For additional information regarding the primary contingencies which currently prevent the classification of our disclosed “contingent resources” associated with our Marcellus shale gas properties, our Fort Berthold properties, and a portion of our Canadian waterflood properties as
reserves, and the positive and negative factors relevant to the "contingent resource” estimates, see Appendix A to the most recent AIF, a copy of which is available under our SEDAR profile at www.sedar.com, and our Form 40-F, a copy of which is available at www.sec.gov.
Drilling Inventory
Drilling locations associated with proved plus probable undeveloped reserves have been evaluated or reviewed by Enerplus’ independent qualified reserves evaluators in accordance with the Canadian Oil and Gas Evaluation Handbook (the “COGE Handbook”). Drilling locations
associated with unrisked “best estimate” economic contingent resources in “development pending” project maturity sub-class pertaining to Canadian waterflood assets and Fort Berthold have been evaluated by internal qualified reserves evaluators and audited by Enerplus’

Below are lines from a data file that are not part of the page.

-- ===== src/Llm/Budget.antt =====
-- `BudgetedLLMClient` (packages/core/src/anime_core/llm_client.py).
mod Tests
use anime_recommendation_eng.Base.{
  ℕ, ◌+◌, ◌*◌, ◌/◌, ◌≤◌, ◌<◌, ◌≡◌, refl, Bool, true, false, [], List, arith, ltb, if◌then◌else◌,
}
use anime_recommendation_eng.Base.Action.{
  Action, Exc, Outcome, ok, raised, pure, ◌>>=◌, proceed, budget_exceeded,
}
use anime_recommendation_eng.Base.Text.{Text, Unicode, codes, word_count}
use anime_recommendation_eng.Core.Schemas.{Recommendations}
use anime_recommendation_eng.Llm.{LlmClient, Stream}

pub record Budget (W : Type 0) : Type 0 where
  pub inner : LlmClient W
  pub max_input_tokens : ℕ
  pub max_output_tokens : ℕ

-- `_estimated_input_tokens`: `int(words * 1.5)` in whole numbers.
pub estimated_input_tokens : Unicode → Text → Text → ℕ
estimated_input_tokens u query context = (word_count u query + word_count u context) * 3 / 2

-- The exception, without the numbers in its message.
abbrev pub budget_error : Exc
budget_error = record { kind = budget_exceeded; message = codes "input exceeds budget" }

module _ {W : Type 0} (u : Unicode) (b : Budget W) (query context : Text) where
  -- `_check_budget`
  pub check_budget : Action W (Unit {0})
  unfolding estimated_input_tokens
  check_budget w =
      if ltb b.max_input_tokens (estimated_input_tokens u query context)
      then (raised budget_error, w)
      else (ok tt, w)

  pub recommend : Action W Recommendations
  unfolding check_budget
  recommend = check_budget >>= λ _. b.inner.recommend query context

  -- `astream`: the check raises before the first token.
  pub astream : Stream W
  astream w =
      if ltb b.max_input_tokens (estimated_input_tokens u query context)
      then ([], raised budget_error, w)
      else b.inner.astream query context w

  -- An input of n words is refused exactly when one and a half tokens a word come to more than the
  -- cap, rounded down. A refusal reaches no provider and changes nothing, on both paths; any other
  -- request is the inner client's.
  pub recommend-within :
      (word_count u query + word_count u context) * 3 < (b.max_input_tokens + 1) * 2
      → (w : W)
      → (recommend w ≡ b.inner.recommend query context w)
        × (astream w ≡ b.inner.astream query context w)
  unfolding recommend astream estimated_input_tokens
  recommend-within h w =
      let within : ltb b.max_input_tokens ((word_count u query + word_count u context) * 3 / 2)
          ≡ false =
        ground arith in
      (rw within refl, rw within refl)

  pub recommend-beyond :
      (b.max_input_tokens + 1) * 2 ≤ (word_count u query + word_count u context) * 3
      → (w : W)
      → (recommend w ≡ (raised budget_error, w)) × (astream w ≡ ([], raised budget_error, w))
  unfolding recommend astream estimated_input_tokens
  recommend-beyond h w =
      let beyond : ltb b.max_input_tokens ((word_count u query + word_count u context) * 3 / 2)
          ≡ true =
        ground arith in
      (rw beyond refl, rw beyond refl)

-- The object: `model` is the inner client's.
unfoldable pub budgeted : {W : Type 0} → Unicode → ℕ → Budget W → LlmClient W
unfolding recommend astream
budgeted u object_id b = record {
  object_id = object_id;
  model = b.inner.model;
  recommend = recommend u b;
  astream = astream u b;
}
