-- ===== src/Llm/Samples.antt =====
-- Test data for the clients: answers, and clients that count their calls in the world.
use anime_recommendation_eng.Base.{ℕ, ◌+◌, none, some, List, [], ◌∷◌}
use anime_recommendation_eng.Base.Action.{Exc, Outcome, timeout_error, validation_error}
use anime_recommendation_eng.Base.Text.{Text, codes}
use anime_recommendation_eng.Core.Schemas.{Recommendation, Recommendations}
use anime_recommendation_eng.Llm.{LlmClient}

abbrev pub monster : Recommendation
monster = record {
  mal_id = 19;
  title = codes "Monster";
  summary = codes "s";
  why_match = codes "w";
}

abbrev pub filled : Recommendations
filled = record { items = monster ∷ []; refusal = none }

abbrev pub nothing : Recommendations
nothing = record { items = []; refusal = none }

abbrev pub declined : Recommendations
declined = record { items = []; refusal = some (codes "not about anime") }

abbrev pub malformed : Exc
malformed = record { kind = validation_error; message = codes "Failed to parse tool call" }

abbrev pub late : Exc
late = record { kind = timeout_error; message = [] }

-- A client over a count of calls, which always ends in the same way.
abbrev pub client : ℕ → Outcome Recommendations → List Text → Outcome (Unit {0}) → LlmClient ℕ
client object_id answer tokens end = record {
  object_id = object_id;
  model = codes "m";
  recommend = λ query context w. (answer, w + 1);
  astream = λ query context w. (tokens, end, w + 1);
}
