-- ===== src/Llm/Budget/Tests.antt =====
-- Tests of the budget on the input.
use anime_recommendation_eng.Base.{ℕ, ◌≡◌, [], ◌∷◌, arith}
use anime_recommendation_eng.Base.Action.{ok, raised}
use anime_recommendation_eng.Base.Text.{codes, latin}
use anime_recommendation_eng.Llm.Samples.{filled, client}
use anime_recommendation_eng.Llm.Budget.{
  Budget, budget_error, recommend, astream, recommend-within, recommend-beyond,
}

abbrev small : Budget ℕ
small = record {
  inner = client 0 (ok filled) (codes "t" ∷ []) (ok tt);
  max_input_tokens = 3;
  max_output_tokens = 100;
}

-- Two words are three tokens.
recommend-within_test :
    (recommend latin small (codes "sports") (codes "drama") 0 ≡ (ok filled, 1))
    × (astream latin small (codes "sports") (codes "drama") 0 ≡ (codes "t" ∷ [], ok tt, 1))
recommend-within_test =
    recommend-within latin small (codes "sports") (codes "drama") (omega arith) 0

recommend-beyond_test :
    (recommend latin small (codes "sports anime") (codes "drama") 0 ≡ (raised budget_error, 0))
    × (astream latin small (codes "sports anime") (codes "drama") 0 ≡ ([], raised budget_error, 0))
recommend-beyond_test =
    recommend-beyond latin small (codes "sports anime") (codes "drama") (omega arith) 0
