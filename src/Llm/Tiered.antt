-- ===== src/Llm/Tiered.antt =====
-- `TieredLLMClient`, `ResilientLLMClient` and the two tests that route between tiers
-- (packages/core/src/anime_core/llm_client.py).
pub mod Answers
pub mod Cost
pub mod Streams
mod Tests
use anime_recommendation_eng.Base.{
  ℕ, Bool, true, false, not, ◌&&◌, List, [], ◌∷◌, ◌++◌, any, ltb, if◌then◌else◌,
}
use anime_recommendation_eng.Base.Action.{
  Action, Slot, Exc, Outcome, ok, raised, cancelled, pure, ◌>>=◌, catch,
}
use anime_recommendation_eng.Base.Text.{Text, Unicode, codes, contains, word_count}
use anime_recommendation_eng.Core.Breaker.{Breaker, guarded}
use anime_recommendation_eng.Core.Schemas.{Recommendations, is_empty, is_refusal}
use anime_recommendation_eng.Llm.{LlmClient, Stream, same_object}

-- `_PARSE_ERROR_MARKERS`
abbrev pub parse_error_markers : List Text
parse_error_markers =
    codes "unknown tool type" ∷ codes "output_parsing_failure" ∷ codes "failed to parse" ∷ []

-- `_is_structured_output_parse_error`
unfoldable pub is_parse_error : Unicode → Exc → Bool
is_parse_error u exc =
    let text = u.lower exc.message in any (λ marker. contains marker text) parse_error_markers

-- `default_should_escalate`, the threshold being `ESCALATION_WORD_THRESHOLD`
unfoldable pub default_should_escalate : Unicode → ℕ → Text → Bool
default_should_escalate u threshold query = ltb threshold (word_count u query)

pub record Tiers (W : Type 0) : Type 0 where
  pub default : LlmClient W
  pub escalation : LlmClient W
  pub fallback : LlmClient W
  pub should_escalate : Text → Bool

module _ {W : Type 0} where
  -- `ResilientLLMClient`
  unfoldable pub resilient : (W → ℕ) → ℕ → Slot W Breaker → ℕ → LlmClient W → LlmClient W
  unfolding guarded
  resilient clock object_id breaker timeout inner = record {
    object_id = object_id;
    model = inner.model;
    recommend = λ query context. guarded clock breaker timeout (inner.recommend query context);
    astream = inner.astream;
  }

  -- `_primary`
  abbrev pub primary : Tiers W → Text → LlmClient W
  primary t query = if t.should_escalate query then t.escalation else t.default

  module _ (t : Tiers W) (query context : Text) where
    abbrev pub ask_primary : Action W Recommendations
    ask_primary = (primary t query).recommend query context

    abbrev pub ask_fallback : Action W Recommendations
    ask_fallback = t.fallback.recommend query context

    abbrev pub distinct : Bool
    distinct = not (same_object (primary t query) t.fallback)

    -- How `astream` goes on from the primary's stream: a failure before the first token falls
    -- through, a later one is passed on.
    unfoldable pub after_stream :
        List Text × Outcome (Unit {0}) × W → List Text × Outcome (Unit {0}) × W
    after_stream ([], raised exc, w) = t.fallback.astream query context w
    after_stream ([], ok done, w) = ([], ok done, w)
    after_stream ([], cancelled, w) = ([], cancelled, w)
    after_stream (first ∷ rest, end, w) = (first ∷ rest, end, w)

    -- `TieredLLMClient.astream`
    unfoldable pub astream : Stream W
    unfolding after_stream
    astream w = after_stream ((primary t query).astream query context w)

    module _ (u : Unicode) where
      -- The `except` clause of `recommend`: one more attempt for an unparseable answer.
      unfoldable pub after_error : Exc → Action W Recommendations
      after_error exc =
          if is_parse_error u exc && distinct
          then catch ask_primary (λ _. ask_fallback)
          else ask_fallback

      -- What `recommend` does with an answer of the primary.
      unfoldable pub after_answer : Recommendations → Action W Recommendations
      after_answer result =
          if is_refusal result
          then pure result
          else (if is_empty result && distinct
              then (ask_fallback >>= λ second. pure (if is_empty second then result else second))
              else pure result)

      -- How `recommend` goes on from the end of the first attempt.
      unfoldable pub after_attempt : Outcome Recommendations × W → Outcome Recommendations × W
      unfolding after_error after_answer
      after_attempt (ok result, w) = after_answer result w
      after_attempt (raised exc, w) = after_error exc w
      after_attempt (cancelled, w) = (cancelled, w)

      -- `TieredLLMClient.recommend`
      unfoldable pub recommend : Action W Recommendations
      unfolding after_attempt
      recommend w = after_attempt (ask_primary w)

  -- The object: `model` names two of the tiers.
  unfoldable pub tiered : Unicode → ℕ → Tiers W → LlmClient W
  unfolding recommend astream
  tiered u object_id t = record {
    object_id = object_id;
    model =
        codes "tiered(default="
        ++ (t.default.model ++ (codes ", fallback=" ++ (t.fallback.model ++ codes ")")));
    recommend = λ query context. recommend t query context u;
    astream = astream t;
  }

independent qualified reserves evaluators, McDaniel & Associates Ltd, in accordance with the COGE Handbook. Drilling locations associated with unrisked “best estimate” economic contingent resources in “development pending” project maturity sub-class pertaining to the U.S.
Shale Gas-Marcellus been evaluated by Enerplus’ independent qualified reserves evaluators, Netherland, Sewell & Associates, Inc, in accordance with the COGE Handbook. Unbooked future drilling locations are not associated with any reserves or contingent resources of Enerplus,
and have been identified by internal qualified reserves evaluators and have not been audited by Enerplus’ independent qualified reserves evaluators.
NOTICE TO U.S. READERS
The oil and natural gas reserves information contained in this presentation has generally been prepared in accordance with Canadian disclosure standards, which are not comparable in all respects to United States or other foreign disclosure standards. Reserves categories such as
"proved reserves" and "probable reserves" may be defined differently under Canadian requirements than the definitions contained in the United States Securities and Exchange Commission (the "SEC") rules. In addition, under Canadian disclosure requirements and industry practice,
reserves and production are reported using gross (or, as noted above with respect to production information, "company interest") volumes, which are volumes prior to deduction of royalty and similar payments. The practice in the United States is to report reserves and production
using net volumes, after deduction of applicable royalties and similar payments. Canadian disclosure requirements require that forecasted commodity prices be used for reserves evaluations, while the SEC mandates the use of an average of first day of the month price for the 12
months prior to the end of the reporting period. Additionally, the SEC prohibits disclosure of oil and gas resources in SEC filings, whereas Canadian issuers may disclose oil and gas resources. Resources are different than, and should not be construed as reserves. For a description of
the definition of, and the risks and uncertainties surrounding the disclosure of, contingent resources, see “Contingent Resources Estimates” above.